Please copy out the records that follow exactly as they stand.

--- Task input ---

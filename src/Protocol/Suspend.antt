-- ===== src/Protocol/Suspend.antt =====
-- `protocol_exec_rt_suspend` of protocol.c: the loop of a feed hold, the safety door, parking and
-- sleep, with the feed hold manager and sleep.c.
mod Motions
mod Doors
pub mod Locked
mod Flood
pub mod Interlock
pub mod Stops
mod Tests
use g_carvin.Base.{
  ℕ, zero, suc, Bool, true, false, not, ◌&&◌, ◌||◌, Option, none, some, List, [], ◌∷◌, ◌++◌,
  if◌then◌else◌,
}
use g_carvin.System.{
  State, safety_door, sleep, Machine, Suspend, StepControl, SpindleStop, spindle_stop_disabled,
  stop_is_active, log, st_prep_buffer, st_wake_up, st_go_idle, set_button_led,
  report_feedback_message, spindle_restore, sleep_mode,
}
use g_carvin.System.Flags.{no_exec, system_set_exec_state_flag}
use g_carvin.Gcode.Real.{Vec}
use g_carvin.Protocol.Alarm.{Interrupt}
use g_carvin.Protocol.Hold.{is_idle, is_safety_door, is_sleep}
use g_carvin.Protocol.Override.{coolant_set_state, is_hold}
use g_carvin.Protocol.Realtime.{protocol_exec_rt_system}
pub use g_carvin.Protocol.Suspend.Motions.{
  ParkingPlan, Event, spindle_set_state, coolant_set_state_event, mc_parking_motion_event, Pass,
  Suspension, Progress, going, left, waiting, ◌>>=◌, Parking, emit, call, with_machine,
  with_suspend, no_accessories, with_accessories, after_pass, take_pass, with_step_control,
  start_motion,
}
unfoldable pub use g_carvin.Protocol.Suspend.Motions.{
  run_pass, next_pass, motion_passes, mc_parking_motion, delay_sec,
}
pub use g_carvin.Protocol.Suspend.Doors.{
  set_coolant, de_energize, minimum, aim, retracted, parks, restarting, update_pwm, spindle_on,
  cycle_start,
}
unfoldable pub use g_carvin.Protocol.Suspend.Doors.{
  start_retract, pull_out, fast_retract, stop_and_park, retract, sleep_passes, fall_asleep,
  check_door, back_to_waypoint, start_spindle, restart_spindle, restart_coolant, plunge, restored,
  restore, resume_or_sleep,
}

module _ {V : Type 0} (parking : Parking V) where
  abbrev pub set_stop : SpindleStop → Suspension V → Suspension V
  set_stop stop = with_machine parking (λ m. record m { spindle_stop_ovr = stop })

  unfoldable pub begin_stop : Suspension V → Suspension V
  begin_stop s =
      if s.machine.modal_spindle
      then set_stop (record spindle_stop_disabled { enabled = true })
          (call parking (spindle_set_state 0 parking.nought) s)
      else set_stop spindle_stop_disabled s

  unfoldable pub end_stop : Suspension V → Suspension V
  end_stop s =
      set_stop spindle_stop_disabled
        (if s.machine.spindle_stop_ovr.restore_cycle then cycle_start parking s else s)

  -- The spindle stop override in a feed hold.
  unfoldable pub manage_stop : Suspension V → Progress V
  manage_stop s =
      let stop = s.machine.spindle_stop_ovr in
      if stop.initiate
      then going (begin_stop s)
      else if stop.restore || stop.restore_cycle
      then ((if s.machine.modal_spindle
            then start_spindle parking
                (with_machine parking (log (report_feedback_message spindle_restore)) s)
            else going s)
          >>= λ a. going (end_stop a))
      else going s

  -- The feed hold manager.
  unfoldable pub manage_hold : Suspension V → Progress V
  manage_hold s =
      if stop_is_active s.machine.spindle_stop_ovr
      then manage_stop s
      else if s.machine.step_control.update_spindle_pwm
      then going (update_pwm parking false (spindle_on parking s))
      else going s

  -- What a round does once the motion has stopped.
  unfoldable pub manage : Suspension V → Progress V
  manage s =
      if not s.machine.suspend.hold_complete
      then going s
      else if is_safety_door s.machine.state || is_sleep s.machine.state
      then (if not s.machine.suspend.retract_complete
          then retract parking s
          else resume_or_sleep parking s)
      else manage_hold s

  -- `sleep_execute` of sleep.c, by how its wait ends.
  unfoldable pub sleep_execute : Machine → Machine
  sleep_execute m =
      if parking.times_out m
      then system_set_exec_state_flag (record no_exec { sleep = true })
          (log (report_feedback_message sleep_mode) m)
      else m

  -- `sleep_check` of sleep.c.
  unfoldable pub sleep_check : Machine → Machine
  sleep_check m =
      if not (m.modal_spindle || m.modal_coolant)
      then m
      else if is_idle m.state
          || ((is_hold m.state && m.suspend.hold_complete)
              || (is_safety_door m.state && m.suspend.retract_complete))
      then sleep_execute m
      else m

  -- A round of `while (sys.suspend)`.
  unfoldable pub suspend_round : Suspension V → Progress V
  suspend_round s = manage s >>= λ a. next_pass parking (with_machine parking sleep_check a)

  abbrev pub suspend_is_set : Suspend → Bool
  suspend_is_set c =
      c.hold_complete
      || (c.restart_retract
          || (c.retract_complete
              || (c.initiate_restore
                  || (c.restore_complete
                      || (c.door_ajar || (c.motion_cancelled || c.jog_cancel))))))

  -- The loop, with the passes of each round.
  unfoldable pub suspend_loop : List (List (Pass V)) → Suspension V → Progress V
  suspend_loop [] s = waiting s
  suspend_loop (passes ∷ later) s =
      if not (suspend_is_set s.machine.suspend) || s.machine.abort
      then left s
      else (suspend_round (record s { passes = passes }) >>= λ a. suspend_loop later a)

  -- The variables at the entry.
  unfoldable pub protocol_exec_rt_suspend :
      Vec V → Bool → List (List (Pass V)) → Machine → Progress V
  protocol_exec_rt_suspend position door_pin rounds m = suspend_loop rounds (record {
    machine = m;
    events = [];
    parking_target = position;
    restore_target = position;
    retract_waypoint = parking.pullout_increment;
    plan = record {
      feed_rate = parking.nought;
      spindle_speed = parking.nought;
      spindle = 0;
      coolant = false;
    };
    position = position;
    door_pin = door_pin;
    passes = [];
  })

---

* Answer:
filename src/Protocol/Suspend.antt
-- ===== src/Protocol/Suspend.antt =====
-- `protocol_exec_rt_suspend` of protocol.c: the loop of a feed hold, the safety door, parking and
-- sleep, with the feed hold manager and sleep.c.
mod Motions
mod Doors
pub mod Locked
mod Flood
pub mod Interlock
pub mod Stops
mod Tests
use g_carvin.Base.{
  ℕ, zero, suc, Bool, true, false, not, ◌&&◌, ◌||◌, Option, none, some, List, [], ◌∷◌, ◌++◌,
  if◌then◌else◌,
}
use g_carvin.System.{
  State, safety_door, sleep, Machine, Suspend, StepControl, SpindleStop, spindle_stop_disabled,
  stop_is_active, log, st_prep_buffer, st_wake_up, st_go_idle, set_button_led,
  report_feedback_message, spindle_restore, sleep_mode,
}
use g_carvin.System.Flags.{no_exec, system_set_exec_state_flag}
use g_carvin.Gcode.Real.{Vec}
use g_carvin.Protocol.Alarm.{Interrupt}
use g_carvin.Protocol.Hold.{is_idle, is_safety_door, is_sleep}
use g_carvin.Protocol.Override.{coolant_set_state, is_hold}
use g_carvin.Protocol.Realtime.{protocol_exec_rt_system}
pub use g_carvin.Protocol.Suspend.Motions.{
  ParkingPlan, Event, spindle_set_state, coolant_set_state_event, mc_parking_motion_event, Pass,
  Suspension, Progress, going, left, waiting, ◌>>=◌, Parking, emit, call, with_machine,
  with_suspend, no_accessories, with_accessories, after_pass, take_pass, with_step_control,
  start_motion,
}
unfoldable pub use g_carvin.Protocol.Suspend.Motions.{
  run_pass, next_pass, motion_passes, mc_parking_motion, delay_sec,
}
pub use g_carvin.Protocol.Suspend.Doors.{
  set_coolant, de_energize, minimum, aim, retracted, parks, restarting, update_pwm, spindle_on,
  cycle_start,
}
unfoldable pub use g_carvin.Protocol.Suspend.Doors.{
  start_retract, pull_out, fast_retract, stop_and_park, retract, sleep_passes, fall_asleep,
  check_door, back_to_waypoint, start_spindle, restart_spindle, restart_coolant, plunge, restored,
  restore, resume_or_sleep,
}

module _ {V : Type 0} (parking : Parking V) where
  abbrev pub set_stop : SpindleStop → Suspension V → Suspension V
  set_stop stop = with_machine parking (λ m. record m { spindle_stop_ovr = stop })

  unfoldable pub begin_stop : Suspension V → Suspension V
  begin_stop s =
      if s.machine.modal_spindle
      then set_stop (record spindle_stop_disabled { enabled = true })
          (call parking (spindle_set_state 0 parking.nought) s)
      else set_stop spindle_stop_disabled s

  unfoldable pub end_stop : Suspension V → Suspension V
  end_stop s =
      set_stop spindle_stop_disabled
        (if s.machine.spindle_stop_ovr.restore_cycle then cycle_start parking s else s)

  -- The spindle stop override in a feed hold.
  unfoldable pub manage_stop : Suspension V → Progress V
  manage_stop s =
      let stop = s.machine.spindle_stop_ovr in
      if stop.initiate
      then going (begin_stop s)
      else if stop.restore || stop.restore_cycle
      then ((if s.machine.modal_spindle
            then start_spindle parking
                (with_machine parking (log (report_feedback_message spindle_restore)) s)
            else going s)
          >>= λ a. going (end_stop a))
      else going s

  -- The feed hold manager.
  unfoldable pub manage_hold : Suspension V → Progress V
  manage_hold s =
      if stop_is_active s.machine.spindle_stop_ovr
      then manage_stop s
      else if s.machine.step_control.update_spindle_pwm
      then going (update_pwm parking false (spindle_on parking s))
      else going s

  -- What a round does once the motion has stopped.
  unfoldable pub manage : Suspension V → Progress V
  manage s =
      if not s.machine.suspend.hold_complete
      then going s
      else if is_safety_door s.machine.state || is_sleep s.machine.state
      then (if not s.machine.suspend.retract_complete
          then retract parking s
          else resume_or_sleep parking s)
      else manage_hold s

  -- `sleep_execute` of sleep.c, by how its wait ends.
  unfoldable pub sleep_execute : Machine → Machine
  sleep_execute m =
      if parking.times_out m
      then system_set_exec_state_flag (record no_exec { sleep = true })
          (log (report_feedback_message sleep_mode) m)
      else m

  -- `sleep_check` of sleep.c.
  unfoldable pub sleep_check : Machine → Machine
  sleep_check m =
      if not (m.modal_spindle || m.modal_coolant)
      then m
      else if is_idle m.state
          || ((is_hold m.state && m.suspend.hold_complete)
              || (is_safety_door m.state && m.suspend.retract_complete))
      then sleep_execute m
      else m

  -- A round of `while (sys.suspend)`.
  unfoldable pub suspend_round : Suspension V → Progress V
  suspend_round s = manage s >>= λ a. next_pass parking (with_machine parking sleep_check a)

  abbrev pub suspend_is_set : Suspend → Bool
  suspend_is_set c =
      c.hold_complete
      || (c.restart_retract
          || (c.retract_complete
              || (c.initiate_restore
                  || (c.restore_complete
                      || (c.door_ajar || (c.motion_cancelled || c.jog_cancel))))))

  -- The loop, with the passes of each round.
  unfoldable pub suspend_loop : List (List (Pass V)) → Suspension V → Progress V
  suspend_loop [] s = waiting s
  suspend_loop (passes ∷ later) s =
      if not (suspend_is_set s.machine.suspend) || s.machine.abort
      then left s
      else (suspend_round (record s { passes = passes }) >>= λ a. suspend_loop later a)

  -- The variables at the entry.
  unfoldable pub protocol_exec_rt_suspend :
      Vec V → Bool → List (List (Pass V)) → Machine → Progress V
  protocol_exec_rt_suspend position door_pin rounds m = suspend_loop rounds (record {
    machine = m;
    events = [];
    parking_target = position;
    restore_target = position;
    retract_waypoint = parking.pullout_increment;
    plan = record {
      feed_rate = parking.nought;
      spindle_speed = parking.nought;
      spindle = 0;
      coolant = false;
    };
    position = position;
    door_pin = door_pin;
    passes = [];
  })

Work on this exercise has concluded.